Check every line of the material below, and show those that contain "zero".

** DATA FOR THIS EXERCISE follows **

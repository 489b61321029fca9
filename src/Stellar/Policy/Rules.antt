-- ===== src/Stellar/Policy/Rules.antt =====
-- Which disclosures an operation may have (packages/stellar/src/policy, adapters/policy.ts).
use privacy_layer_confidenti.Base.{
  ◌≡◌, refl, sym, ap, ◌∙◌, ◌↔◌, ◌⊎◌, inl, inr, String, Option, none, some, List, [], ◌∷◌, ◌++◌,
  arith,
}
use privacy_layer_confidenti.Core.Errors.{
  OperationKind, deposit, transfer, withdraw, Disclosure, private_value, public_value,
  DisclosurePolicy, OperationIntent, PrivacySdkError,
}
use privacy_layer_confidenti.Core.Operations.{
  Attempt, answered, raised, PreparedOperation, prepared_operation,
}
use privacy_layer_confidenti.Core.Prepare.{
  PrivacyClientAdapters, validate_policy, prepare_privacy_operation,
}
use privacy_layer_confidenti.Core.Prepare.Admission.{prepared_by}
use privacy_layer_confidenti.Stellar.Effects.{resume, done}
use privacy_layer_confidenti.Stellar.Policy.{
  validate_stellar_disclosure, validate_stellar, run_external_policy, create_stellar_policy_adapter,
  Inspection,
}

abbrev IsPublic : Disclosure → Type 0
IsPublic d = d ≡ public_value

-- A transfer to a disclosed recipient discloses the asset and the amount; a withdrawal discloses these
-- as soon as it discloses anything but the sender; a deposit discloses its sender.
unfoldable pub IsDisclosable : OperationKind → DisclosurePolicy → Type 0
IsDisclosable transfer d =
    (d.recipient_address ≡ private_value) ⊎ (IsPublic d.asset_address × IsPublic d.amount)
IsDisclosable withdraw d =
    ((d.recipient_address ≡ private_value)
      × (d.asset_address ≡ private_value)
      × (d.amount ≡ private_value))
    ⊎ (IsPublic d.asset_address × IsPublic d.amount)
IsDisclosable deposit d = IsPublic d.sender_address

Disclosure-cases : (d : Disclosure) → (d ≡ private_value) ⊎ (d ≡ public_value)
Disclosure-cases private_value = inl refl
Disclosure-cases public_value = inr refl

accepted :
    (kind : OperationKind) (d : DisclosurePolicy)
    → validate_stellar_disclosure kind d ≡ []
    → IsDisclosable kind d
unfolding validate_stellar_disclosure IsDisclosable
accepted transfer d h = ground (
  arith,
  Disclosure-cases d.recipient_address,
  Disclosure-cases d.asset_address,
  Disclosure-cases d.amount,
)
accepted withdraw d h = ground (
  arith,
  Disclosure-cases d.recipient_address,
  Disclosure-cases d.asset_address,
  Disclosure-cases d.amount,
)
accepted deposit d h = ground (arith, Disclosure-cases d.sender_address)

permitted :
    (kind : OperationKind) (d : DisclosurePolicy)
    → IsDisclosable kind d
    → validate_stellar_disclosure kind d ≡ []
unfolding validate_stellar_disclosure IsDisclosable
permitted transfer d h = ground arith
permitted withdraw d h = ground arith
permitted deposit d h = ground arith

-- The rules find no error exactly where the disclosure is one of these.
pub validate_stellar_disclosure_iff :
    (kind : OperationKind) (d : DisclosurePolicy)
    → (validate_stellar_disclosure kind d ≡ []) ↔ IsDisclosable kind d
validate_stellar_disclosure_iff kind d = (accepted kind d, permitted kind d)

value_of {ℓ} : {A : Type ℓ} → A → Option A → A
value_of a none = a
value_of a (some b) = b

some_inj {ℓ} : {A : Type ℓ} {a b : A} → some a ≡ some b → a ≡ b
unfolding value_of
some_inj {a = a} h = ap (value_of a) h

module _ {W : Type 0} (inspection : Option (Inspection W)) where
  after_inspection :
      (es : List PrivacySdkError) (r : Attempt (List PrivacySdkError) × W) {w' : W}
      → resume (λ errors. done (es ++ errors)) r ≡ (answered [], w')
      → (es ≡ []) × (r ≡ (answered [], w'))
  after_inspection [] (answered errors, w) h = (refl, h)
  after_inspection (e ∷ es) (answered errors, w) h = absurd (ground arith)
  after_inspection es (raised e, w) h = absurd (ground arith)

  inspected-by :
      (kind : OperationKind) (intent : OperationIntent String String) (w : W) {w' : W}
      → validate_policy kind intent (create_stellar_policy_adapter inspection) w ≡ (answered [], w')
      → (validate_stellar_disclosure kind intent.disclosure ≡ [])
        × (run_external_policy kind intent inspection w ≡ (answered [], w'))
  unfolding validate_stellar
  inspected-by deposit intent w h =
      after_inspection _ (run_external_policy deposit intent inspection w) h
  inspected-by transfer intent w h =
      after_inspection _ (run_external_policy transfer intent inspection w) h
  inspected-by withdraw intent w h =
      after_inspection _ (run_external_policy withdraw intent inspection w) h

  module _ {Prepared Receipt Options : Type 0} where
    -- With the Stellar policy adapter, an operation is prepared only if its disclosure is one that the
    -- rules allow and the inspection, where there is one, did not throw.
    pub prepare_privacy_operation-IsDisclosable :
        (kind : OperationKind) (intent : OperationIntent String String)
        (adapters : PrivacyClientAdapters W String String Prepared Receipt Options) (w : W) {w' : W}
        {op : PreparedOperation W String String Prepared Receipt Options}
        → adapters.policy_adapter ≡ some (create_stellar_policy_adapter inspection)
        → prepare_privacy_operation kind intent adapters w ≡ (answered (prepared_operation op), w')
        → IsDisclosable kind intent.disclosure
          × (w₁ : W) × (run_external_policy kind intent inspection w ≡ (answered [], w₁))
    prepare_privacy_operation-IsDisclosable kind intent adapters w own h =
        let (p, n, w₁, prepared, ep, en, let_through, clean, made, same) =
          prepared_by kind intent adapters w h in
        let checked = inspected-by kind intent w (rw (some_inj (sym own ∙ ep)) clean) in
        (accepted kind intent.disclosure checked.0, w₁, checked.1)
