-- ===== src/Stellar/Polling.antt =====
-- Waiting for a transaction (packages/stellar/src/rpc/polling.ts, with the status read of
-- rpc/transactions.ts) and for a KYT registration (transact/kyt/passage/poll.ts). The server, the
-- clock and the timer are parameters.
pub mod Ends
use privacy_layer_confidenti.Base.{
  ℕ, zero, suc, ◌-◌, String, Bool, true, false, Option, none, some, List, [], ◌∷◌, ◌==◌, ltb,
  if◌then◌else◌, or_default,
}
use privacy_layer_confidenti.Js.Text.{trim}
use privacy_layer_confidenti.Core.Errors.{Thrown}
use privacy_layer_confidenti.Core.Operations.{Attempt, answered, raised, Action}
use privacy_layer_confidenti.Stellar.Effects.{◌>>=◌, ◌>>◌, done, throw, error_object}
use privacy_layer_confidenti.Stellar.Policy.{message_or}

-- What the server answers, with the details that it gives of a success.
pub data TransactionResponse : Type 0 where
  not_found_response : TransactionResponse
  failed_response success_response : (ledger : ℕ) (created_at : Option String) → TransactionResponse

pub data TransactionStatus : Type 0 where
  success_status failed_status :
      (tx_hash : String) (ledger : ℕ) (created_at : Option String) → TransactionStatus
  not_found_reject rpc_error_reject : (message : String) → TransactionStatus

abbrev pub status_of_response : String → TransactionResponse → TransactionStatus
status_of_response hash not_found_response = not_found_reject "Transaction not found"
status_of_response hash (failed_response ledger created_at) = failed_status hash ledger none
status_of_response hash (success_response ledger created_at) = success_status hash ledger created_at

module _ {W : Type 0} where
  abbrev status_of_attempt :
      String → Attempt TransactionResponse × W → Attempt TransactionStatus × W
  status_of_attempt hash (answered response, w) = (answered (status_of_response hash response), w)
  status_of_attempt hash (raised thrown, w) =
      (answered (rpc_error_reject (message_or "Soroban request failed" thrown)), w)

  -- `readStellarTransactionStatus(server, txHash)`: never throws.
  unfoldable pub read_stellar_transaction_status :
      (String → Action W TransactionResponse) → String → Action W TransactionStatus
  unfolding trim
  read_stellar_transaction_status get_transaction tx_hash w =
      if trim tx_hash == ""
      then (answered (rpc_error_reject "Missing tx hash"), w)
      else status_of_attempt (trim tx_hash) (get_transaction (trim tx_hash) w)

-- What a round makes of the status that it read.
pub data Verdict : Type 0 where
  settled : TransactionStatus → Verdict
  refused : Thrown → Verdict
  again : Verdict

abbrev pub verdict_of : TransactionStatus → Verdict
verdict_of (success_status hash ledger created_at) = settled (success_status hash ledger created_at)
verdict_of (failed_status hash ledger created_at) =
    refused (error_object "Transaction failed on network")
verdict_of (rpc_error_reject message) = refused (error_object message)
verdict_of (not_found_reject message) = again

abbrev pub default_poll_interval_ms : ℕ
default_poll_interval_ms = 1500

abbrev pub default_timeout_ms : ℕ
default_timeout_ms = 60000

-- The waiting loop's surroundings: a read of the status, the clock, and the timer.
pub record PollPorts (W : Type 0) : Type 0 where
  pub read_status : W → TransactionStatus × W
  pub now : W → ℕ
  pub sleep : ℕ → W → W

module _ {W : Type 0} (ports : PollPorts W) (interval timeout started_at : ℕ) where
  -- The loop. The fuel counts its rounds; `none` means that it ran out.
  unfoldable pub wait_from : ℕ → W → Option (Attempt TransactionStatus × W)
  wait_from zero w = none
  wait_from (suc fuel) w = elim (ltb (ports.now w - started_at) timeout) [
    | false ↦ some (raised (error_object "Transaction was not confirmed in time"), w)
    | true ↦
        (let (status, w') = ports.read_status w in
          elim (verdict_of status) [
            | settled final ↦ some (answered final, w')
            | refused thrown ↦ some (raised thrown, w')
            | again ↦ wait_from fuel (ports.sleep interval w')
          ])
  ]

abbrev pub wait_for_stellar_transaction_confirmation :
    {W : Type 0}
    → PollPorts W
    → (poll_interval_ms timeout_ms : Option ℕ) (fuel : ℕ) → W
    → Option (Attempt TransactionStatus × W)
wait_for_stellar_transaction_confirmation ports poll_interval_ms timeout_ms fuel w =
    wait_from ports (or_default poll_interval_ms default_poll_interval_ms)
      (or_default timeout_ms default_timeout_ms) (ports.now w) fuel w

-- The registration's poll has a bound of its own.
pub data RegistrationStatus : Type 0 where
  registration_success registration_failed registration_unknown : RegistrationStatus

abbrev pub kyt_register_max_polls : ℕ
kyt_register_max_polls = 60

abbrev pub kyt_register_poll_interval_ms : ℕ
kyt_register_poll_interval_ms = 1000

module _ {W : Type 0} (get_transaction : Action W RegistrationStatus)
    (sleep : ℕ → Action W (Unit {0})) where
  -- The rounds that are left.
  unfoldable pub poll_registration : ℕ → Action W (Unit {0})
  poll_registration zero = throw (error_object "KYT passage registration was not confirmed in time")
  poll_registration (suc left) = get_transaction >>= λ status. elim status [
    | registration_success ↦ done tt
    | registration_failed ↦ throw (error_object "KYT passage registration failed on-chain")
    | registration_unknown ↦ sleep kyt_register_poll_interval_ms >> poll_registration left
  ]

  abbrev pub wait_for_kyt_registration : Action W (Unit {0})
  wait_for_kyt_registration = poll_registration kyt_register_max_polls
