-- ===== src/Stellar/Polling/Ends.antt =====
-- The waiting loops end (packages/stellar/src/rpc/polling.ts, transact/kyt/passage/poll.ts).
use privacy_layer_confidenti.Base.{
  ℕ, zero, suc, ◌+◌, ◌-◌, ◌*◌, ◌≤◌, ◌<◌, ◌≡◌, refl, ap, ◌∙◌, inl, inr, true, Option, some, ltb,
  arith, Bool-cases, or_default,
}
use privacy_layer_confidenti.Core.Operations.{Attempt, answered, raised, Action}
use privacy_layer_confidenti.Stellar.Effects.{error_object, >>=-at}
use privacy_layer_confidenti.Stellar.Polling.{
  TransactionStatus, PollPorts, Verdict, settled, refused, again, verdict_of, wait_from,
  wait_for_stellar_transaction_confirmation, default_poll_interval_ms, default_timeout_ms,
  RegistrationStatus, registration_success, registration_unknown, kyt_register_max_polls,
  kyt_register_poll_interval_ms, poll_registration, wait_for_kyt_registration,
}

-- Documented behaviour of the clock and the timer: reading the status does not turn the clock back, and
-- the timer waits at least as long as it is asked to.
pub record IsClock {W : Type 0} (ports : PollPorts W) : Type 0 where
  pub read_keeps : (w : W) → ports.now w ≤ ports.now (ports.read_status w).1
  pub sleep_waits : (ms : ℕ) (w : W) → ports.now w + ms ≤ ports.now (ports.sleep ms w)

abbrev pub Ends {ℓ} : {A : Type ℓ} → Option A → Type ℓ
Ends {A = A} o = (r : A) × (o ≡ some r)

ltb-lt : (m n : ℕ) → ltb m n ≡ true → m < n
ltb-lt m n h = ground arith

one_more : (fuel n : ℕ) → suc fuel * n ≡ fuel * n + n
one_more fuel n = omega arith

-- A round that may still wait is not the last.
more_left :
    (fuel interval timeout elapsed : ℕ)
    → elapsed < timeout
    → timeout + interval ≤ suc fuel * interval + elapsed
    → 1 ≤ fuel
more_left zero interval timeout elapsed l h = absurd (omega (arith, one_more 0 interval))
more_left (suc fuel) interval timeout elapsed l h = omega arith

module _ {W : Type 0} (ports : PollPorts W) (interval timeout started_at : ℕ) where
  verdict-Ends :
      (fuel : ℕ) (v : Verdict) (w : W)
      → Ends (wait_from ports interval timeout started_at fuel (ports.sleep interval w))
      → Ends (elim v as (λ _. Option (Attempt TransactionStatus × W)) [
        | settled final ↦ some (answered final, w)
        | refused thrown ↦ some (raised thrown, w)
        | again ↦ wait_from ports interval timeout started_at fuel (ports.sleep interval w)
      ])
  verdict-Ends fuel (settled final) w h = (_, refl)
  verdict-Ends fuel (refused thrown) w h = (_, refl)
  verdict-Ends fuel again w h = h

  module _ (clock : IsClock ports) where
    wait_from-Ends :
        (fuel : ℕ) (w : W)
        → 1 ≤ interval
        → started_at ≤ ports.now w
        → 1 ≤ fuel
        → timeout + interval ≤ fuel * interval + (ports.now w - started_at)
        → Ends (wait_from ports interval timeout started_at fuel w)
    unfolding wait_from
    wait_from-Ends zero w i s one h = absurd (omega arith)
    wait_from-Ends (suc fuel) w i s one h =
        let status = ports.read_status w in
        let later = clock.read_keeps w in
        let slept = clock.sleep_waits interval status.1 in
        elim (Bool-cases (ltb (ports.now w - started_at) timeout)) [
          | inl more ↦
              rw (wait_from, more)
                (verdict-Ends fuel (verdict_of status.0) status.1 (
                  wait_from-Ends fuel (ports.sleep interval status.1) i (omega arith)
                    (more_left fuel interval timeout (ports.now w - started_at) (ltb-lt _ _ more) h)
                    (omega (arith, one_more fuel interval))))
          | inr over ↦ (
            (raised (error_object "Transaction was not confirmed in time"), w),
            rw (wait_from, over) refl,
          )
        ]

-- Waiting for a confirmation ends: with a positive interval, a clock that reading the status does not
-- turn back and a timer that waits as long as it is asked to, the loop returns or throws within as many
-- rounds as there are intervals in the timeout, and one more.
pub wait_for_stellar_transaction_confirmation-Ends :
    {W : Type 0} (ports : PollPorts W) (poll_interval_ms timeout_ms : Option ℕ) (fuel : ℕ) (w : W)
    → IsClock ports
    → 1 ≤ or_default poll_interval_ms default_poll_interval_ms
    → 1 ≤ fuel
    → or_default timeout_ms default_timeout_ms
        + or_default poll_interval_ms default_poll_interval_ms
      ≤ fuel * or_default poll_interval_ms default_poll_interval_ms
    → Ends (wait_for_stellar_transaction_confirmation ports poll_interval_ms timeout_ms fuel w)
wait_for_stellar_transaction_confirmation-Ends ports poll_interval_ms timeout_ms fuel w clock i one
      h =
    wait_from-Ends ports (or_default poll_interval_ms default_poll_interval_ms)
      (or_default timeout_ms default_timeout_ms) (ports.now w) clock fuel w i (omega arith) one
      (omega (arith, h))

module _ {W : Type 0} (get_transaction : Action W RegistrationStatus)
    (sleep : ℕ → Action W (Unit {0})) where
  -- The server confirms the registration after so many rounds in which it knows nothing of it.
  pub data Confirms : ℕ → W → Type 0 where
    at_once : {w : W} → (get_transaction w).0 ≡ answered registration_success → Confirms zero w
    later :
        {n : ℕ} {w : W}
        → (get_transaction w).0 ≡ answered registration_unknown
        → (sleep kyt_register_poll_interval_ms (get_transaction w).1).0 ≡ answered tt
        → Confirms n (sleep kyt_register_poll_interval_ms (get_transaction w).1).1
        → Confirms (suc n) w

  polled :
      (n left : ℕ) (w : W)
      → Confirms n w
      → n < left
      → (poll_registration get_transaction sleep left w).0 ≡ answered tt
  unfolding poll_registration
  polled n zero w c l = absurd (omega arith)
  polled zero (suc left) w (at_once e) l =
      ap (λ r. r.0) (>>=-at get_transaction _ w registration_success e)
  polled (suc n) (suc left) w (later e s c) l =
      ap (λ r. r.0) (>>=-at get_transaction _ w registration_unknown e)
      ∙ ap (λ r. r.0) (>>=-at (sleep kyt_register_poll_interval_ms) _ (get_transaction w).1 tt s)
      ∙ polled n left _ c (omega arith)

  -- A registration that the server confirms within the sixty rounds is waited for to the end.
  pub wait_for_kyt_registration-Confirms :
      (n : ℕ) (w : W)
      → Confirms n w
      → n < kyt_register_max_polls
      → (wait_for_kyt_registration get_transaction sleep w).0 ≡ answered tt
  wait_for_kyt_registration-Confirms n w c l = polled n kyt_register_max_polls w c l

** End of DATA FOR THIS EXERCISE **

# FINAL ANSWER
  ℕ, zero, suc, ◌-◌, String, Bool, true, false, Option, none, some, List, [], ◌∷◌, ◌==◌, ltb,
  wait_from zero w = none
  poll_registration zero = throw (error_object "KYT passage registration was not confirmed in time")
  ℕ, zero, suc, ◌+◌, ◌-◌, ◌*◌, ◌≤◌, ◌<◌, ◌≡◌, refl, ap, ◌∙◌, inl, inr, true, Option, some, ltb,
more_left zero interval timeout elapsed l h = absurd (omega (arith, one_more 0 interval))
    wait_from-Ends zero w i s one h = absurd (omega arith)
    at_once : {w : W} → (get_transaction w).0 ≡ answered registration_success → Confirms zero w
  polled n zero w c l = absurd (omega arith)
  polled zero (suc left) w (at_once e) l =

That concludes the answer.